WHAT YOU WILL DO
Return each line of the listing exactly as written.

SUPPLIED ENTRIES
· · ·
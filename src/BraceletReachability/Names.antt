-- ===== src/BraceletReachability/Names.antt =====
-- The names that src/BraceletReachability/BraceletReachability.cpp gives its locals and labels, and
-- those of src/BraceletReachability/AllocFunctions.h, as the numbers of their characters.
use bracelet.Prelude.{ℕ, Bool, false, ◌||◌, List, [], ◌∷◌, ◌++◌}
use bracelet.Edges.Bytes.{Text, equal}
use bracelet.BraceletEdges.Format.{decimal}

abbrev pub var_args_alloca : Text
var_args_alloca =
    84 ∷ 104 ∷ 101 ∷ 86 ∷ 97 ∷ 114 ∷ 65 ∷ 114 ∷ 103 ∷ 115 ∷ 65 ∷ 108 ∷ 108 ∷ 111 ∷ 99 ∷ 97 ∷ []

abbrev pub var_args_area : Text
var_args_area = 84 ∷ 104 ∷ 101 ∷ 86 ∷ 97 ∷ 114 ∷ 65 ∷ 114 ∷ 103 ∷ 115 ∷ 65 ∷ 114 ∷ 101 ∷ 97 ∷ []

abbrev pub var_args_name : Text
var_args_name = 84 ∷ 104 ∷ 101 ∷ 86 ∷ 97 ∷ 114 ∷ 65 ∷ 114 ∷ 103 ∷ 115 ∷ []

abbrev pub vastart_tmp : Text
vastart_tmp = 118 ∷ 97 ∷ 115 ∷ 116 ∷ 97 ∷ 114 ∷ 116 ∷ 40 ∷ 41 ∷ 32 ∷ 116 ∷ 109 ∷ 112 ∷ []

abbrev pub va_copy_tmp : Text
va_copy_tmp = 118 ∷ 97 ∷ 95 ∷ 99 ∷ 111 ∷ 112 ∷ 121 ∷ 40 ∷ 41 ∷ 32 ∷ 116 ∷ 109 ∷ 112 ∷ []

abbrev pub memcpy_tmp : Text
memcpy_tmp = 109 ∷ 101 ∷ 109 ∷ 99 ∷ 112 ∷ 121 ∷ 32 ∷ 116 ∷ 109 ∷ 112 ∷ []

abbrev pub void_call_prefix : Text
void_call_prefix = 86 ∷ 111 ∷ 105 ∷ 100 ∷ 67 ∷ 97 ∷ 108 ∷ 108 ∷ 95 ∷ []

abbrev pub alloca_prefix : Text
alloca_prefix = 65 ∷ 76 ∷ 76 ∷ 79 ∷ 67 ∷ 65 ∷ 95 ∷ []

abbrev pub callsite_label_prefix : Text
callsite_label_prefix = 66 ∷ 82 ∷ 65 ∷ 67 ∷ 69 ∷ 76 ∷ 69 ∷ 84 ∷ 95 ∷ 76 ∷ 65 ∷ 66 ∷ 95 ∷ []

abbrev pub dlsym_name : Text
dlsym_name = 100 ∷ 108 ∷ 115 ∷ 121 ∷ 109 ∷ []

abbrev pub globals_prefix : Text
globals_prefix =
    98 ∷ 114 ∷ 97 ∷ 99 ∷ 101 ∷ 108 ∷ 101 ∷ 116 ∷ 95 ∷ 114 ∷ 101 ∷ 97 ∷ 99 ∷ 104 ∷ 97 ∷ 98 ∷ 105
    ∷ 108 ∷ 105 ∷ 116 ∷ 121 ∷ 95 ∷ 103 ∷ 108 ∷ 111 ∷ 98 ∷ 97 ∷ 108 ∷ 115 ∷ []

abbrev pub liballocs_prefix : Text
liballocs_prefix = 95 ∷ 95 ∷ 108 ∷ 105 ∷ 98 ∷ 97 ∷ 108 ∷ 108 ∷ 111 ∷ 99 ∷ 115 ∷ []

abbrev pub llvm_prefix : Text
llvm_prefix = 108 ∷ 108 ∷ 118 ∷ 109 ∷ 46 ∷ []

unfoldable pub void_call_name : ℕ → Text
void_call_name number = void_call_prefix ++ decimal number

unfoldable pub callsite_label : ℕ → Text
callsite_label local_idx = callsite_label_prefix ++ decimal local_idx

-- `BRACELET_ALLOC_FUNCTION_NAMES`
abbrev pub alloc_function_names : List Text
alloc_function_names =
    (97 ∷ 108 ∷ 105 ∷ 103 ∷ 110 ∷ 101 ∷ 100 ∷ 95 ∷ 97 ∷ 108 ∷ 108 ∷ 111 ∷ 99 ∷ [])
    ∷ (114 ∷ 101 ∷ 97 ∷ 108 ∷ 108 ∷ 111 ∷ 99 ∷ [])
    ∷ (95 ∷ 90 ∷ 110 ∷ 97 ∷ 109 ∷ [])
    ∷ (95 ∷ 95 ∷ 108 ∷ 105 ∷ 98 ∷ 99 ∷ 95 ∷ 109 ∷ 97 ∷ 108 ∷ 108 ∷ 111 ∷ 99 ∷ [])
    ∷ (95 ∷ 90 ∷ 110 ∷ 97 ∷ 109 ∷ 82 ∷ 75 ∷ 83 ∷ 116 ∷ 57 ∷ 110 ∷ 111 ∷ 116 ∷ 104 ∷ 114 ∷ 111 ∷ 119
        ∷ 95 ∷ 116 ∷ [])
    ∷ (95 ∷ 90 ∷ 110 ∷ 119 ∷ 109 ∷ 82 ∷ 75 ∷ 83 ∷ 116 ∷ 57 ∷ 110 ∷ 111 ∷ 116 ∷ 104 ∷ 114 ∷ 111 ∷ 119
        ∷ 95 ∷ 116 ∷ [])
    ∷ (95 ∷ 95 ∷ 108 ∷ 105 ∷ 98 ∷ 99 ∷ 95 ∷ 109 ∷ 101 ∷ 109 ∷ 97 ∷ 108 ∷ 105 ∷ 103 ∷ 110 ∷ [])
    ∷ (109 ∷ 101 ∷ 109 ∷ 97 ∷ 108 ∷ 105 ∷ 103 ∷ 110 ∷ [])
    ∷ (95 ∷ 95 ∷ 108 ∷ 105 ∷ 98 ∷ 99 ∷ 95 ∷ 114 ∷ 101 ∷ 97 ∷ 108 ∷ 108 ∷ 111 ∷ 99 ∷ [])
    ∷ (114 ∷ 101 ∷ 97 ∷ 108 ∷ 108 ∷ 111 ∷ 99 ∷ 97 ∷ 114 ∷ 114 ∷ 97 ∷ 121 ∷ [])
    ∷ (95 ∷ 95 ∷ 108 ∷ 105 ∷ 98 ∷ 99 ∷ 95 ∷ 114 ∷ 101 ∷ 97 ∷ 108 ∷ 108 ∷ 111 ∷ 99 ∷ 97 ∷ 114 ∷ 114
        ∷ 97 ∷ 121 ∷ [])
    ∷ (99 ∷ 97 ∷ 108 ∷ 108 ∷ 111 ∷ 99 ∷ [])
    ∷ (95 ∷ 90 ∷ 110 ∷ 119 ∷ 109 ∷ [])
    ∷ (109 ∷ 97 ∷ 108 ∷ 108 ∷ 111 ∷ 99 ∷ [])
    ∷ (95 ∷ 95 ∷ 108 ∷ 105 ∷ 98 ∷ 99 ∷ 95 ∷ 99 ∷ 97 ∷ 108 ∷ 108 ∷ 111 ∷ 99 ∷ [])
    ∷ []

unfoldable pub contains : Text → List Text → Bool
contains name [] = false
contains name (other ∷ names) = equal name other || contains name names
· · ·
ANSWER
filename src/BraceletReachability/Names.antt
-- ===== src/BraceletReachability/Names.antt =====
-- The names that src/BraceletReachability/BraceletReachability.cpp gives its locals and labels, and
-- those of src/BraceletReachability/AllocFunctions.h, as the numbers of their characters.
use bracelet.Prelude.{ℕ, Bool, false, ◌||◌, List, [], ◌∷◌, ◌++◌}
use bracelet.Edges.Bytes.{Text, equal}
use bracelet.BraceletEdges.Format.{decimal}

abbrev pub var_args_alloca : Text
var_args_alloca =
    84 ∷ 104 ∷ 101 ∷ 86 ∷ 97 ∷ 114 ∷ 65 ∷ 114 ∷ 103 ∷ 115 ∷ 65 ∷ 108 ∷ 108 ∷ 111 ∷ 99 ∷ 97 ∷ []

abbrev pub var_args_area : Text
var_args_area = 84 ∷ 104 ∷ 101 ∷ 86 ∷ 97 ∷ 114 ∷ 65 ∷ 114 ∷ 103 ∷ 115 ∷ 65 ∷ 114 ∷ 101 ∷ 97 ∷ []

abbrev pub var_args_name : Text
var_args_name = 84 ∷ 104 ∷ 101 ∷ 86 ∷ 97 ∷ 114 ∷ 65 ∷ 114 ∷ 103 ∷ 115 ∷ []

abbrev pub vastart_tmp : Text
vastart_tmp = 118 ∷ 97 ∷ 115 ∷ 116 ∷ 97 ∷ 114 ∷ 116 ∷ 40 ∷ 41 ∷ 32 ∷ 116 ∷ 109 ∷ 112 ∷ []

abbrev pub va_copy_tmp : Text
va_copy_tmp = 118 ∷ 97 ∷ 95 ∷ 99 ∷ 111 ∷ 112 ∷ 121 ∷ 40 ∷ 41 ∷ 32 ∷ 116 ∷ 109 ∷ 112 ∷ []

abbrev pub memcpy_tmp : Text
memcpy_tmp = 109 ∷ 101 ∷ 109 ∷ 99 ∷ 112 ∷ 121 ∷ 32 ∷ 116 ∷ 109 ∷ 112 ∷ []

abbrev pub void_call_prefix : Text
void_call_prefix = 86 ∷ 111 ∷ 105 ∷ 100 ∷ 67 ∷ 97 ∷ 108 ∷ 108 ∷ 95 ∷ []

abbrev pub alloca_prefix : Text
alloca_prefix = 65 ∷ 76 ∷ 76 ∷ 79 ∷ 67 ∷ 65 ∷ 95 ∷ []

abbrev pub callsite_label_prefix : Text
callsite_label_prefix = 66 ∷ 82 ∷ 65 ∷ 67 ∷ 69 ∷ 76 ∷ 69 ∷ 84 ∷ 95 ∷ 76 ∷ 65 ∷ 66 ∷ 95 ∷ []

abbrev pub dlsym_name : Text
dlsym_name = 100 ∷ 108 ∷ 115 ∷ 121 ∷ 109 ∷ []

abbrev pub globals_prefix : Text
globals_prefix =
    98 ∷ 114 ∷ 97 ∷ 99 ∷ 101 ∷ 108 ∷ 101 ∷ 116 ∷ 95 ∷ 114 ∷ 101 ∷ 97 ∷ 99 ∷ 104 ∷ 97 ∷ 98 ∷ 105
    ∷ 108 ∷ 105 ∷ 116 ∷ 121 ∷ 95 ∷ 103 ∷ 108 ∷ 111 ∷ 98 ∷ 97 ∷ 108 ∷ 115 ∷ []

abbrev pub liballocs_prefix : Text
liballocs_prefix = 95 ∷ 95 ∷ 108 ∷ 105 ∷ 98 ∷ 97 ∷ 108 ∷ 108 ∷ 111 ∷ 99 ∷ 115 ∷ []

abbrev pub llvm_prefix : Text
llvm_prefix = 108 ∷ 108 ∷ 118 ∷ 109 ∷ 46 ∷ []

unfoldable pub void_call_name : ℕ → Text
void_call_name number = void_call_prefix ++ decimal number

unfoldable pub callsite_label : ℕ → Text
callsite_label local_idx = callsite_label_prefix ++ decimal local_idx

-- `BRACELET_ALLOC_FUNCTION_NAMES`
abbrev pub alloc_function_names : List Text
alloc_function_names =
    (97 ∷ 108 ∷ 105 ∷ 103 ∷ 110 ∷ 101 ∷ 100 ∷ 95 ∷ 97 ∷ 108 ∷ 108 ∷ 111 ∷ 99 ∷ [])
    ∷ (114 ∷ 101 ∷ 97 ∷ 108 ∷ 108 ∷ 111 ∷ 99 ∷ [])
    ∷ (95 ∷ 90 ∷ 110 ∷ 97 ∷ 109 ∷ [])
    ∷ (95 ∷ 95 ∷ 108 ∷ 105 ∷ 98 ∷ 99 ∷ 95 ∷ 109 ∷ 97 ∷ 108 ∷ 108 ∷ 111 ∷ 99 ∷ [])
    ∷ (95 ∷ 90 ∷ 110 ∷ 97 ∷ 109 ∷ 82 ∷ 75 ∷ 83 ∷ 116 ∷ 57 ∷ 110 ∷ 111 ∷ 116 ∷ 104 ∷ 114 ∷ 111 ∷ 119
        ∷ 95 ∷ 116 ∷ [])
    ∷ (95 ∷ 90 ∷ 110 ∷ 119 ∷ 109 ∷ 82 ∷ 75 ∷ 83 ∷ 116 ∷ 57 ∷ 110 ∷ 111 ∷ 116 ∷ 104 ∷ 114 ∷ 111 ∷ 119
        ∷ 95 ∷ 116 ∷ [])
    ∷ (95 ∷ 95 ∷ 108 ∷ 105 ∷ 98 ∷ 99 ∷ 95 ∷ 109 ∷ 101 ∷ 109 ∷ 97 ∷ 108 ∷ 105 ∷ 103 ∷ 110 ∷ [])
    ∷ (109 ∷ 101 ∷ 109 ∷ 97 ∷ 108 ∷ 105 ∷ 103 ∷ 110 ∷ [])
    ∷ (95 ∷ 95 ∷ 108 ∷ 105 ∷ 98 ∷ 99 ∷ 95 ∷ 114 ∷ 101 ∷ 97 ∷ 108 ∷ 108 ∷ 111 ∷ 99 ∷ [])
    ∷ (114 ∷ 101 ∷ 97 ∷ 108 ∷ 108 ∷ 111 ∷ 99 ∷ 97 ∷ 114 ∷ 114 ∷ 97 ∷ 121 ∷ [])
    ∷ (95 ∷ 95 ∷ 108 ∷ 105 ∷ 98 ∷ 99 ∷ 95 ∷ 114 ∷ 101 ∷ 97 ∷ 108 ∷ 108 ∷ 111 ∷ 99 ∷ 97 ∷ 114 ∷ 114
        ∷ 97 ∷ 121 ∷ [])
    ∷ (99 ∷ 97 ∷ 108 ∷ 108 ∷ 111 ∷ 99 ∷ [])
    ∷ (95 ∷ 90 ∷ 110 ∷ 119 ∷ 109 ∷ [])
    ∷ (109 ∷ 97 ∷ 108 ∷ 108 ∷ 111 ∷ 99 ∷ [])
    ∷ (95 ∷ 95 ∷ 108 ∷ 105 ∷ 98 ∷ 99 ∷ 95 ∷ 99 ∷ 97 ∷ 108 ∷ 108 ∷ 111 ∷ 99 ∷ [])
    ∷ []

unfoldable pub contains : Text → List Text → Bool
contains name [] = false
contains name (other ∷ names) = equal name other || contains name names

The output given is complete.